Hacker News new | ask | show | jobs
by kevinjahns 2139 days ago
Based on the [B4] benchmark, we can predict the size Yjs document representing the complete editing history of the Linux kernel (probably the largest Git repo ever created): 864 MB. The size of the Git repository is currently 1.1 GB. So Yjs has better encoding.

If you would load the the Yjs document containing the editing history of the Linux kernel in-memory, you would use about 13.8 GB of memory. Of course, you wouldn't write the complete Linux kernel in a single file. As of 2011, the project consisted of ~37,000 files. If you represent each file as a separate Yjs document, you would use, on average, just a few kilobytes to load a single file.

The editing history of the Linux kernel is a very interesting benchmark resource. Maybe I will add it to crdt-benchmarks.

1 comments

> the complete editing history of the Linux kernel (probably the largest Git repo ever created)

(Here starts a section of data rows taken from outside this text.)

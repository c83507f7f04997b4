-- ===== src/Scenarios/Storage.antt =====
-- A store of two hundred bytes, and two clients of one memory.
use spark_x_distributed_quer.Base.{ℕ, All, ◌≡◌, ◌≤◌, refl, false, List, [], ◌∷◌, arith, str_ord}
use spark_x_distributed_quer.BTreeMap.{get}
use spark_x_distributed_quer.Error.{ok, err, IsPanic}
use spark_x_distributed_quer.BlockStore.{
  StoredBlock, MemoryBlockStore, new_store, insert_block, remove_block, get_block, missing,
  upload_budget,
}
use spark_x_distributed_quer.BlockStore.Accounting.{
  Write, inserts, removes, IsAccounted, charged, write, write_all, usage_is_accounted,
}
use spark_x_distributed_quer.BlockStore.Immutable.{
  get_block-insert_block, insert_block-budget, remove_block-insert_block,
}
use spark_x_distributed_quer.QueryMemory.{MemoryState, Client, Action, run_schedule, new_memory}
use spark_x_distributed_quer.QueryMemory.Clients.{claims, mark}
use spark_x_distributed_quer.QueryMemory.Budget.{
  start, grow_alone, memory_is_not_overcommitted, peak_covers_reservations, grow_alone-result,
}

abbrev store : MemoryBlockStore ℕ
store = record { capacity = 200; used = 0; blocks = [] }

abbrev small : StoredBlock ℕ
small = record { payload = 7; checksum = "c"; charged_bytes = 120 }

is_new : new_store 200 ≡ ok store
unfolding new_store
is_new = refl

abbrev writes : List (Write ℕ)
writes = inserts "t" small ∷ inserts "u" small ∷ []

usage_is_accounted_example :
    ((write_all writes store).used ≡ charged (write_all writes store).blocks)
    × ((write_all writes store).used ≤ (write_all writes store).capacity)
    × ¬ IsPanic (write (removes "t") (write_all writes store)).0
usage_is_accounted_example = usage_is_accounted 200 store writes (removes "t") (omega arith) is_new

is_stored : (insert_block "t" small store).0 ≡ ok tt
unfolding insert_block
is_stored = refl

get_block-insert_block_example : get_block "t" (insert_block "t" small store).1 ≡ ok small
unfolding get
get_block-insert_block_example = get_block-insert_block "t" small store "t" is_stored

is_missing : get_block "t" store ≡ err missing
unfolding get_block
is_missing = refl

is_accounted : IsAccounted store
is_accounted = record { distinct = tt; exact = refl; within = omega arith; ranged = omega arith }

insert_block-budget_example :
    insert_block "t" small store ≡ (ok tt, (insert_block "t" small store).1)
unfolding upload_budget
insert_block-budget_example = insert_block-budget "t" small store is_missing is_accounted

remove_block-insert_block_example :
    ((remove_block "t" (insert_block "t" small store).1).1.used ≡ 0)
    × (get_block "u" (remove_block "t" (insert_block "t" small store).1).1 ≡ get_block "u" store)
remove_block-insert_block_example =
    remove_block-insert_block "t" small store "u" is_missing is_accounted is_stored

-- Both clients read the counter before either exchanges it, so the second has to try again.
abbrev contended : List (ℕ × Action)
contended =
    (0, Action.grows 60)
    ∷ (1, Action.grows 30)
    ∷ (0, Action.exchanges false)
    ∷ (1, Action.exchanges false)
    ∷ (1, Action.exchanges false)
    ∷ (0, Action.raises_peak)
    ∷ (1, Action.raises_peak)
    ∷ []

memory_is_not_overcommitted_example :
    ((run_schedule contended (start 100 2)).memory.reserved_bytes
      ≡ claims (run_schedule contended (start 100 2)).clients)
    × ((run_schedule contended (start 100 2)).memory.reserved_bytes
        ≤ (run_schedule contended (start 100 2)).memory.limit_bytes)
memory_is_not_overcommitted_example = memory_is_not_overcommitted 100 2 contended (omega arith)

is_quiet : All (λ c. mark c ≡ 0) (run_schedule contended (start 100 2)).clients
unfolding run_schedule new_memory
is_quiet = (refl, (refl, tt))

peak_covers_reservations_example :
    ((run_schedule contended (start 100 2)).memory.reserved_bytes
      ≤ (run_schedule contended (start 100 2)).memory.peak_bytes)
    × ((run_schedule contended (start 100 2)).memory.peak_bytes
        ≤ (run_schedule contended (start 100 2)).memory.limit_bytes)
peak_covers_reservations_example = peak_covers_reservations 100 2 contended (omega arith) is_quiet

abbrev half_used : MemoryState
half_used = record { limit_bytes = 100; reserved_bytes = 50; peak_bytes = 70 }

grow_alone-result_example :
    grow_alone 3 40 half_used (Client.idle 20)
    ≡ (record { limit_bytes = 100; reserved_bytes = 90; peak_bytes = 90 }, Client.idle 60)
grow_alone-result_example =
    grow_alone-result 3 20 40 half_used (omega arith) (omega arith) (omega arith)
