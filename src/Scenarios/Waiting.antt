-- ===== src/Scenarios/Waiting.antt =====
-- Two tasks that wait for a token, and one that cancels it between the tests of the first.
use spark_x_distributed_quer.Base.{
  ℕ, zero, suc, ◌≡◌, ◌≢◌, refl, Bool, true, false, ◌||◌, some, List, [], ◌∷◌, get_elem?, ◌==◌,
  arith,
}
use spark_x_distributed_quer.Cancellation.{
  Notify, Waiter, Canceller, Token, Turn, waiter, canceller, take_turns,
}
use spark_x_distributed_quer.Cancellation.Wakeups.{start, no_wakeup_is_lost}

-- A notifier that keeps the set of the enabled waiters and the set of the notified ones.
abbrev Sets : Type 0
Sets = (ℕ → Bool) × (ℕ → Bool)

sets_enable : (i : ℕ) (n : Sets) → ((i == i) || n.0 i) ≡ true
sets_enable i n = ground arith

sets_keep : (i j : ℕ) (n : Sets) → n.0 i ≡ true → ((j == i) || n.0 i) ≡ true
sets_keep i j n h = ground arith

sets_notify : (i : ℕ) (n : Sets) → n.0 i ≡ true → (n.0 i || n.1 i) ≡ true
sets_notify i n h = ground arith

abbrev sets : Notify Sets
sets = record {
  default = (λ _. false, λ _. false);
  enable = λ i n. (λ k. (i == k) || n.0 k, n.1);
  notify_waiters = λ n. (n.0, λ k. n.0 k || n.1 k);
  is_enabled = λ i n. n.0 i;
  is_notified = λ i n. n.1 i;
  enables = sets_enable;
  keeps_enabled = sets_keep;
  stays_enabled = λ i n h. h;
  notifies = sets_notify;
  keeps_notified = λ i j n h. h;
}

abbrev crossed : List Turn
crossed = waiter 0 ∷ waiter 0 ∷ waiter 0 ∷ canceller 0 ∷ waiter 1 ∷ canceller 0 ∷ []

abbrev after : Token Sets
after = take_turns sets crossed (start sets 2 1)

is_set : after.is_cancelled ≡ true
unfolding take_turns
is_set = refl

nobody_notifies : (j : ℕ) → get_elem? after.cancellers j ≢ some Canceller.swapped
unfolding take_turns
nobody_notifies zero h = cc
nobody_notifies (suc j) h = ground (arith, h)

is_parked : get_elem? after.waiters 0 ≡ some Waiter.parked
unfolding take_turns
is_parked = refl

no_wakeup_is_lost_example : sets.is_notified 0 after.notify ≡ true
no_wakeup_is_lost_example = no_wakeup_is_lost sets 2 1 crossed 0 is_set nobody_notifies is_parked
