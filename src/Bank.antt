-- ===== src/Bank.antt =====
-- The bank surface (bank/): its regions, the payments and the mandates.
pub mod Regions
pub mod Messages
pub mod Payments
pub mod Initiation
pub mod Mandates
pub mod Accounts
pub mod Queries
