-- ===== src/Iban.antt =====
-- core/identifiers.py: the generator and the validator of IBANs. The random digits are a parameter:
-- the results of the calls `rng.randint(0, 9)` in their order.
pub mod Checksum
pub mod Generated
mod Tests
use mock_sim.Base.{
  ℕ, zero, suc, ◌+◌, ◌-◌, ◌%◌, Bool, true, false, Option, none, some, List, [], ◌∷◌, ◌++◌, Text,
  codes, dict_get, is_digit, is_alpha, upper, take, drop, length, ltb, ◌==◌, if◌then◌else◌,
}
use mock_sim.Session.{Result, ok, err}
use mock_sim.Errors.{python_error}
use mock_sim.Decimal.{str_nat, digits_value, zero_pad}

-- `_IBAN_SPEC`: the total length and the length of the BBAN
abbrev pub iban_spec : List (Text × (ℕ × ℕ))
iban_spec =
    (codes "PK", (24, 20))
    ∷ (codes "AE", (23, 19))
    ∷ (codes "SA", (24, 20))
    ∷ (codes "EG", (29, 25))
    ∷ (codes "BH", (22, 18))
    ∷ []

-- `_MOCK_BANK_CODES`
abbrev pub mock_bank_codes : List (Text × Text)
mock_bank_codes =
    (codes "PK", codes "SCBL")
    ∷ (codes "AE", codes "033")
    ∷ (codes "SA", codes "10")
    ∷ (codes "EG", codes "0019")
    ∷ (codes "BH", codes "ITHMR")
    ∷ []

-- The digits that one character stands for; the checksum skips any character that has none.
unfoldable pub char_digits : ℕ → Text
unfolding is_digit is_alpha
char_digits ch =
    if is_digit ch then ch ∷ [] else if is_alpha ch then str_nat (ch - b'A' + 10) else []

unfoldable pub numeric : Text → Text
numeric [] = []
numeric (ch ∷ s) = char_digits ch ++ numeric s

-- `_iban_checksum`
unfoldable pub iban_checksum : Text → Text → Text
iban_checksum country bban =
    let n = digits_value 0 (numeric (upper (bban ++ country ++ codes "00"))) in
    zero_pad 2 (str_nat (98 - n % 97))

-- The loop of the validator, which stops at the first character that is neither digit nor letter.
unfoldable pub numeric? : Text → Option Text
unfolding is_digit is_alpha
numeric? [] = some []
numeric? (ch ∷ s) =
    let rest = numeric? s in
    if is_digit ch
    then elim rest [ some t ↦ some (ch ∷ t) | none ↦ none ]
    else if is_alpha ch
    then elim rest [ some t ↦ some (str_nat (ch - b'A' + 10) ++ t) | none ↦ none ]
    else none

unfoldable pub validate_iban : Text → Bool
validate_iban iban =
    if ltb (length iban) 4 then false else elim (numeric? (upper (drop 4 iban ++ take 4 iban))) [
      | none ↦ false
      | some [] ↦ false
      | some (c ∷ t) ↦ digits_value 0 (c ∷ t) % 97 == 1
    ]

-- `"".join(str(rng.randint(0, 9)) for _ in range(k))`, from the `i`-th call on
unfoldable pub random_digits : (ℕ → ℕ) → ℕ → ℕ → Text
random_digits randint i zero = []
random_digits randint i (suc k) = str_nat (randint i) ++ random_digits randint (suc i) k

unfoldable pub assemble : Text → ℕ → Text → Result Text
assemble region total_len bban =
    let iban = region ++ iban_checksum region bban ++ bban in
    if length iban == total_len then ok iban else err python_error

unfoldable pub gen_iban : Text → (ℕ → ℕ) → Result Text
unfolding assemble
gen_iban region randint = elim (dict_get region iban_spec) [
  | none ↦ err python_error
  | some (total_len, bban_len) ↦ elim (dict_get region mock_bank_codes) [
    | none ↦ err python_error
    | some bank_code ↦
        assemble region total_len
          (bank_code ++ random_digits randint 0 (bban_len - length bank_code))
  ]
]
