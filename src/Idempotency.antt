-- ===== src/Idempotency.antt =====
-- core/idempotency.py: the store of requests by their key. A query does not see a record that the
-- session has added and not flushed; the lock on the row is not modelled.
pub mod Keys
pub mod Lookup
pub mod Endpoint
pub mod Replay
mod Tests
use mock_sim.Base.{
  ℕ, ◌+◌, ◌*◌, Bool, true, false, ◌&&◌, ◌||◌, not, Option, none, some, List, [], ◌∷◌, ◌++◌, Text,
  codes, text_eq, first, update_where, delete_where, length, ltb, leb, ◌==◌, if◌then◌else◌,
}
use mock_sim.Errors
use mock_sim.Errors.{bad_request, idempotency_conflict, idempotency_key_required}
use mock_sim.Models.{
  IdempotencyRecord, IdempotencyStatus, pending, complete, conflict, EndpointClass, money,
  non_money, ResponseBody,
}
use mock_sim.Session.{
  Env, Db, Session, Result, ok, err, pure, raise, gets, modify, draw_id, visible, transaction,
  ◌>>=◌, ◌>>◌,
}
use mock_sim.Calendar.{microseconds_per_second}

-- `_body_hash`
unfoldable pub body_hash : Env → Text → Text
body_hash env body = env.sha256 body

-- the `where` of both queries
unfoldable pub is_record : Env → ℕ → Text → IdempotencyRecord → Bool
is_record env tenant key r =
    visible env r.mock_tenant_id && (r.mock_tenant_id == tenant && text_eq r.idempotency_key key)

-- Only a record of another class than money expires.
unfoldable pub expiry : EndpointClass → ℕ → Option ℕ
expiry money now = none
expiry non_money now = some (now + 24 * 3600 * microseconds_per_second)

unfoldable pub new_record : Env → ℕ → ℕ → Text → Text → EndpointClass → IdempotencyRecord
new_record env id tenant key hash endpoint_class = record {
  id = id;
  mock_tenant_id = tenant;
  idempotency_key = key;
  body_hash = hash;
  endpoint_class = endpoint_class;
  status = pending;
  response_status = none;
  response_body = none;
  expires_at = expiry endpoint_class env.wall;
  created_at = env.wall;
}

abbrev pub is_complete : IdempotencyStatus → Bool
is_complete complete = true
is_complete pending = false
is_complete conflict = false

-- the branches of `get_or_start`, on what its query returns
unfoldable pub start_or_check :
    Env
    → ℕ
    → Text
    → Text
    → EndpointClass
    → Option IdempotencyRecord
    → Session (Option IdempotencyRecord)
start_or_check env tenant key hash endpoint_class none = do
  id ← draw_id env
  modify (λ d. record d {
    unflushed = d.unflushed ++ new_record env id tenant key hash endpoint_class ∷ [];
  })
  pure none
start_or_check env tenant key hash endpoint_class (some existing) =
    if not (text_eq existing.body_hash hash)
    then raise (Errors.conflict idempotency_conflict)
    else if is_complete existing.status
    then pure (some existing)
    else raise (Errors.conflict idempotency_conflict)

unfoldable pub get_or_start :
    Env → ℕ → Text → Text → EndpointClass → Session (Option IdempotencyRecord)
get_or_start env tenant key body endpoint_class = do
  existing ← gets (λ d. first (is_record env tenant key) d.idempotency)
  start_or_check env tenant key (body_hash env body) endpoint_class existing

abbrev pub completed : ℕ → ResponseBody → IdempotencyRecord → IdempotencyRecord
completed response_status body r = record r {
  status = complete;
  response_status = some response_status;
  response_body = some body;
}

-- `complete`: nothing where the query finds no record
unfoldable pub complete_record : Env → ℕ → Text → ℕ → ResponseBody → Session (Unit {0})
complete_record env tenant key response_status body = modify (λ d. record d {
  idempotency =
      update_where (is_record env tenant key) (completed response_status body) d.idempotency;
})

-- `str.strip`, on the white space of ASCII
unfoldable pub is_space : ℕ → Bool
is_space c = c == 32 || (ltb 8 c && ltb c 14) || (ltb 27 c && ltb c 32)

abbrev pub lstrip : Text → Text
lstrip [] = []
lstrip (c ∷ s) = if is_space c then lstrip s else c ∷ s

abbrev pub rstrip : Text → Text
rstrip [] = []
rstrip (c ∷ s) =
    let rest = rstrip s in
    elim rest [ [] ↦ (if is_space c then [] else c ∷ []) | d ∷ t ↦ c ∷ d ∷ t ]

unfoldable pub strip : Text → Text
strip s = rstrip (lstrip s)

-- The length of a key, which is counted in code points.
unfoldable pub check_key : Text → Result Text
check_key [] = err (bad_request idempotency_key_required)
check_key (c ∷ s) =
    if ltb 255 (length (c ∷ s)) then err (bad_request idempotency_key_required) else ok (c ∷ s)

-- `require_idempotency_key`, on the header if there is one
unfoldable pub require_idempotency_key : Option Text → Result Text
require_idempotency_key none = err (bad_request idempotency_key_required)
require_idempotency_key (some header) = check_key (strip header)

abbrev pub is_non_money : EndpointClass → Bool
is_non_money non_money = true
is_non_money money = false

abbrev pub has_come : ℕ → Option ℕ → Bool
has_come now none = false
has_come now (some t) = leb t now

-- Whether a record is of the class that expires, and its time has come.
abbrev pub is_prunable : ℕ → IdempotencyRecord → Bool
is_prunable now r = is_non_money r.endpoint_class && has_come now r.expires_at

-- `_prune_idempotency_records` of core/scheduler.py, which runs daily
unfoldable pub prune_idempotency_records : Env → Session (Unit {0})
prune_idempotency_records env =
    transaction
      (modify (λ d. record d { idempotency = delete_where (is_prunable env.wall) d.idempotency }))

Linux is definitely not the largest git repo ever created [0]. The big corporate monorepos are definitely larger; I know MS has moved Windows to git, and itself claims it to be the largest ever created (~300GB as of 2017, per [1]). Google and Facebook both eschew git, though.

Finding data on the largest open repos is more difficult. The largest classes of projects are those that develop in monorepos that implement critical operating system [2] functionality, browser engines, and compiler implementations. The shortlist I'd make comes out to these projects (in no particular order):

* gcc

* LLVM

* Mozilla

* Chromium

* Linux

* OpenJDK

I haven't finished downloading all of these repos (my disk is begging me to stop right now), but it looks Linux is larger than gecko-dev by a very thin margin (so a putative gecko-dev that included comm-central with its CVS history as well would easily outstrip Linux), and Chromium seems to be an order of magnitude over both.

[0] To be clear here, I'm mostly thinking in terms of primarily textual repositories. Repositories with large binary assets are clearly not relevant for your means.

[1] https://devblogs.microsoft.com/bharry/the-largest-git-repo-o..., although https://news.ycombinator.com/item?id=14411724 claims that the 300 GB measures the size of the checked-out directory on disk, not the putative size of a full .git folder.

[2] I'm including both kernel roles as well as key userspace roles. Qt and Gnome would both be on my list of putative largest repos were they monorepos, but they appear to use many small repos instead.